**Assignment**
Take the material below and output exactly the run of lines from the one containing "<> (to_string (pos" down to the one containing "count_question) no_overrides c'.world)", with both included.

╭─ Record excerpts

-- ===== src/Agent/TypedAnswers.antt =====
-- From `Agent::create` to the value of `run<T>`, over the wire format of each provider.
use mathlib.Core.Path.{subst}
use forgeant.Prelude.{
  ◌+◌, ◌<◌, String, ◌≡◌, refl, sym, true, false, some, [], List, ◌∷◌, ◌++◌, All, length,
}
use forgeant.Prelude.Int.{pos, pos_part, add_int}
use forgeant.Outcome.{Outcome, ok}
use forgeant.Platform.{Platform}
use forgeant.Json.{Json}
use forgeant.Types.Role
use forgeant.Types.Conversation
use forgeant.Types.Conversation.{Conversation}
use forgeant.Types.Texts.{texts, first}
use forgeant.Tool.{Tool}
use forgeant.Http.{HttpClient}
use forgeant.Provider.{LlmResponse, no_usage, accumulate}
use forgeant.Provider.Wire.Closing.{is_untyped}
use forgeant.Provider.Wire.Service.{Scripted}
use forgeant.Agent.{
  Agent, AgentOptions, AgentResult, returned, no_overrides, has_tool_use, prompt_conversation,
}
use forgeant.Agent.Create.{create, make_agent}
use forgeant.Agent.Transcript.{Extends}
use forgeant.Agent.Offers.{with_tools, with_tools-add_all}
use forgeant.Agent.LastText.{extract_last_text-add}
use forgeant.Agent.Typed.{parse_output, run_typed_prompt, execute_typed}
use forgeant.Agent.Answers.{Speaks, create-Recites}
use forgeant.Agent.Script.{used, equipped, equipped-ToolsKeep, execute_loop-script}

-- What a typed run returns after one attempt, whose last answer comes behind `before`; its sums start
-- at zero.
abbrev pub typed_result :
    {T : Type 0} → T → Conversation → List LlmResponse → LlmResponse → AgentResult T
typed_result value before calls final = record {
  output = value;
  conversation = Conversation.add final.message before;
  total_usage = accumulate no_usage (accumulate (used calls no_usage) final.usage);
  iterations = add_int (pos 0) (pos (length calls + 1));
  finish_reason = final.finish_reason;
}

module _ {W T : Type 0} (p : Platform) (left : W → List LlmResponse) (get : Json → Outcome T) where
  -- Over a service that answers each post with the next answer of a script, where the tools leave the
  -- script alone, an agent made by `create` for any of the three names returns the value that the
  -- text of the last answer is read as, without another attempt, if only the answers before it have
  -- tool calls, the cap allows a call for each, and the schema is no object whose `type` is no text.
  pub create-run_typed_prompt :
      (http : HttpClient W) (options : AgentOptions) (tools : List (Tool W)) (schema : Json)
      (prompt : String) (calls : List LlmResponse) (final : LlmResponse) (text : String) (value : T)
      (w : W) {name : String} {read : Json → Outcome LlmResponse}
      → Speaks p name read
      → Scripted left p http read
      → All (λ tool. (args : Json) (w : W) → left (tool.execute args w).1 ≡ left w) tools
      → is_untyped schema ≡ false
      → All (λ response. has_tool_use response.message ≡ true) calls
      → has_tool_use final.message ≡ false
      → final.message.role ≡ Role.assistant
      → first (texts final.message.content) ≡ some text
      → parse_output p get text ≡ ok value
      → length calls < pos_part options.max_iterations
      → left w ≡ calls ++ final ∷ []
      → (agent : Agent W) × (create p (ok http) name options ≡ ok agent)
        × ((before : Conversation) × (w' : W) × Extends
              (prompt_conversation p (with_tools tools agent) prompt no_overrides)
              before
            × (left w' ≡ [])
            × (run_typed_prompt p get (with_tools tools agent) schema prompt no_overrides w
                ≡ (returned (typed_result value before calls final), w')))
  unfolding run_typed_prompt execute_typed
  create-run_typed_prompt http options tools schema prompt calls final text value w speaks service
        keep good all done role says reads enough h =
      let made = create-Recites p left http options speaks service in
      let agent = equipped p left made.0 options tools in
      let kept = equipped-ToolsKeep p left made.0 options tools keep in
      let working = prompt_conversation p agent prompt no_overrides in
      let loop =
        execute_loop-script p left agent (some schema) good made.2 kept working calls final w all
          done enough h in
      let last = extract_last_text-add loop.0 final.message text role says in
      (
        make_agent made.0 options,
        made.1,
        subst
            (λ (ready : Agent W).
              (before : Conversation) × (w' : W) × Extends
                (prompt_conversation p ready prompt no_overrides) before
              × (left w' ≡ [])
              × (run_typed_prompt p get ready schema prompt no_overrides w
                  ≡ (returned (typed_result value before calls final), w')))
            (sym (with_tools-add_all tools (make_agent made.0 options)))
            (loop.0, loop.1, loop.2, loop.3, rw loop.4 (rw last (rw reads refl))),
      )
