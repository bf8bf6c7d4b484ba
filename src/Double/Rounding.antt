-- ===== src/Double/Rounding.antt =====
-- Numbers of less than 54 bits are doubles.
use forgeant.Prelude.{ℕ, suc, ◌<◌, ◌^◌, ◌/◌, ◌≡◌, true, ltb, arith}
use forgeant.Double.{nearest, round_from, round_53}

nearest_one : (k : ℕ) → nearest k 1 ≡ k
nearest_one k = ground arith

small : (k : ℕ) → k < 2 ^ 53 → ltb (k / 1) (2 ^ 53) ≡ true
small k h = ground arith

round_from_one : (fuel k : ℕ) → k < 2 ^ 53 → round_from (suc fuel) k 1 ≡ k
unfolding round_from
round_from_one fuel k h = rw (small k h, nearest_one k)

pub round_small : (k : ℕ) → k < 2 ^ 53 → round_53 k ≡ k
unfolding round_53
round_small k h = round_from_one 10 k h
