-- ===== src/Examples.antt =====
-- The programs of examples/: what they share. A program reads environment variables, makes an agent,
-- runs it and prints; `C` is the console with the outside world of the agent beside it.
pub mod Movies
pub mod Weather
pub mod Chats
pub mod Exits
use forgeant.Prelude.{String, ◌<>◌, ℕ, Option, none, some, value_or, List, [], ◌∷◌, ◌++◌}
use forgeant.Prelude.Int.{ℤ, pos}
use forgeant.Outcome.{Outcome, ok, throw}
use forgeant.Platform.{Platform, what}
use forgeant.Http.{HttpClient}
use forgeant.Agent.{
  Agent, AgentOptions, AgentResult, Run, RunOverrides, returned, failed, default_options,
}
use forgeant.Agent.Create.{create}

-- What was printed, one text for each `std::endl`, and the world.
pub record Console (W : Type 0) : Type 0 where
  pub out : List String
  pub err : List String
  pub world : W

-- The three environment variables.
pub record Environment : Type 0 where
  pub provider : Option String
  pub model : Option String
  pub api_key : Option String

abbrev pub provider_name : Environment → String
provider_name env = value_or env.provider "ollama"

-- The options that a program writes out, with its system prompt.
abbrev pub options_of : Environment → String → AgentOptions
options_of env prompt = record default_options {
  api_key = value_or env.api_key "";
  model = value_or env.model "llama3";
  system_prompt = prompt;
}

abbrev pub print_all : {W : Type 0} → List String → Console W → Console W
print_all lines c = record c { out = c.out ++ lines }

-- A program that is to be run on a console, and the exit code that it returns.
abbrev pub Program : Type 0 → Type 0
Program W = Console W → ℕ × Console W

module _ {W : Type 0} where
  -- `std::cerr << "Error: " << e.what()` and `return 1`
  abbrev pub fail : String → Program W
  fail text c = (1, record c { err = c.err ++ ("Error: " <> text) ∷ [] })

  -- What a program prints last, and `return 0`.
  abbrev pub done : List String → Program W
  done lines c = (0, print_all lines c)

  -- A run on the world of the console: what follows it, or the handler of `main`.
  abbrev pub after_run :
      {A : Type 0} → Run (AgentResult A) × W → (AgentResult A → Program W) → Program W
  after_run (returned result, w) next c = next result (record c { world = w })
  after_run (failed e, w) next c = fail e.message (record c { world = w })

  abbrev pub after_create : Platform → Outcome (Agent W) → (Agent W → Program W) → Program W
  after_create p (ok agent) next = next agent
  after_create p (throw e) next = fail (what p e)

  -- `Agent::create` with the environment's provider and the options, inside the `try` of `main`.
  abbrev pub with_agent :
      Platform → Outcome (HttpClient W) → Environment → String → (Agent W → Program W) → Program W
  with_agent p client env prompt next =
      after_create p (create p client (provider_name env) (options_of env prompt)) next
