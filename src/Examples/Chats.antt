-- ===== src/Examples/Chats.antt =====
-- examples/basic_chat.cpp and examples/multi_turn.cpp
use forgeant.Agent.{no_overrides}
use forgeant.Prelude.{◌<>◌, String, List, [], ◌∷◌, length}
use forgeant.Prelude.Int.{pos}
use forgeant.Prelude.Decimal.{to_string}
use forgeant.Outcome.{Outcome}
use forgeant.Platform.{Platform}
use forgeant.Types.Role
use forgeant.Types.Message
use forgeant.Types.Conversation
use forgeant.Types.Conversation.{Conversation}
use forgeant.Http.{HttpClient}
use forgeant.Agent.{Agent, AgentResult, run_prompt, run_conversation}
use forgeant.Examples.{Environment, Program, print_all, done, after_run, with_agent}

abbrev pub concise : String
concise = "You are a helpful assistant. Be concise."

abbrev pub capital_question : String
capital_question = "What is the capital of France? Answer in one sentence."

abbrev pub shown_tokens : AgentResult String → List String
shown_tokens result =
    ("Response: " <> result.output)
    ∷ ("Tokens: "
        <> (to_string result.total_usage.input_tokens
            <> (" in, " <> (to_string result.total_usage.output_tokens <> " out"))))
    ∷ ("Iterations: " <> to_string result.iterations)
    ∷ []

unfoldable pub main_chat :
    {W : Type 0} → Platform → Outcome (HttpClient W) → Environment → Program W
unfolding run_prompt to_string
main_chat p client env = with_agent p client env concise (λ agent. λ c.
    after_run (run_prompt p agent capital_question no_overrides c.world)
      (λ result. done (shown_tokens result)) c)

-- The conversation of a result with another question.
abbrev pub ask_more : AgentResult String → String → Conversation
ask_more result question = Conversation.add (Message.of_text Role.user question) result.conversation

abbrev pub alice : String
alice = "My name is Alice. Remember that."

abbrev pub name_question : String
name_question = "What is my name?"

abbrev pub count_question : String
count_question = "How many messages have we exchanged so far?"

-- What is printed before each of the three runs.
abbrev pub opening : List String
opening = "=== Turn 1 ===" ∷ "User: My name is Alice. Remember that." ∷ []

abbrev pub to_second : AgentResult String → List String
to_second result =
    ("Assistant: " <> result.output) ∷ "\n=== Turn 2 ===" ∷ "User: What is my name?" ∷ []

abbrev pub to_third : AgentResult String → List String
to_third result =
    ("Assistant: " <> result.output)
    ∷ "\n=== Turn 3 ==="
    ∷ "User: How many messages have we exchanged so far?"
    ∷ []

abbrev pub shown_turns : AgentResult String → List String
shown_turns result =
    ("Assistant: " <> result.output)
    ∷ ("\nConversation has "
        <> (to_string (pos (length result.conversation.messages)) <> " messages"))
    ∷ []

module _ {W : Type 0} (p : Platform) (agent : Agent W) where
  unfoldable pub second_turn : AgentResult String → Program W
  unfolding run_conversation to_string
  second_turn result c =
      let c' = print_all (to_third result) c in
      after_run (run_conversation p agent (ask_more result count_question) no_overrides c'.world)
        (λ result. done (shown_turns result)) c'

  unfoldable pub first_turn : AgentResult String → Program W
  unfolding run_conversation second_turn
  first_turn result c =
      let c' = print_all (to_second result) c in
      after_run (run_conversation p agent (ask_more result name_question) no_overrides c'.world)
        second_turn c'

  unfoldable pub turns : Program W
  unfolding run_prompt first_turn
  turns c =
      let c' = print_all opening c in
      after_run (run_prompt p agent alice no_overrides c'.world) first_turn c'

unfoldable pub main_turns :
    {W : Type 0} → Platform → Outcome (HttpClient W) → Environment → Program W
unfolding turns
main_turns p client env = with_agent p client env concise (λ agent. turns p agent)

╰─

**Solution for this problem**
        <> (to_string (pos (length result.conversation.messages)) <> " messages"))
    ∷ []

module _ {W : Type 0} (p : Platform) (agent : Agent W) where
  unfoldable pub second_turn : AgentResult String → Program W
  unfolding run_conversation to_string
  second_turn result c =
      let c' = print_all (to_third result) c in
      after_run (run_conversation p agent (ask_more result count_question) no_overrides c'.world)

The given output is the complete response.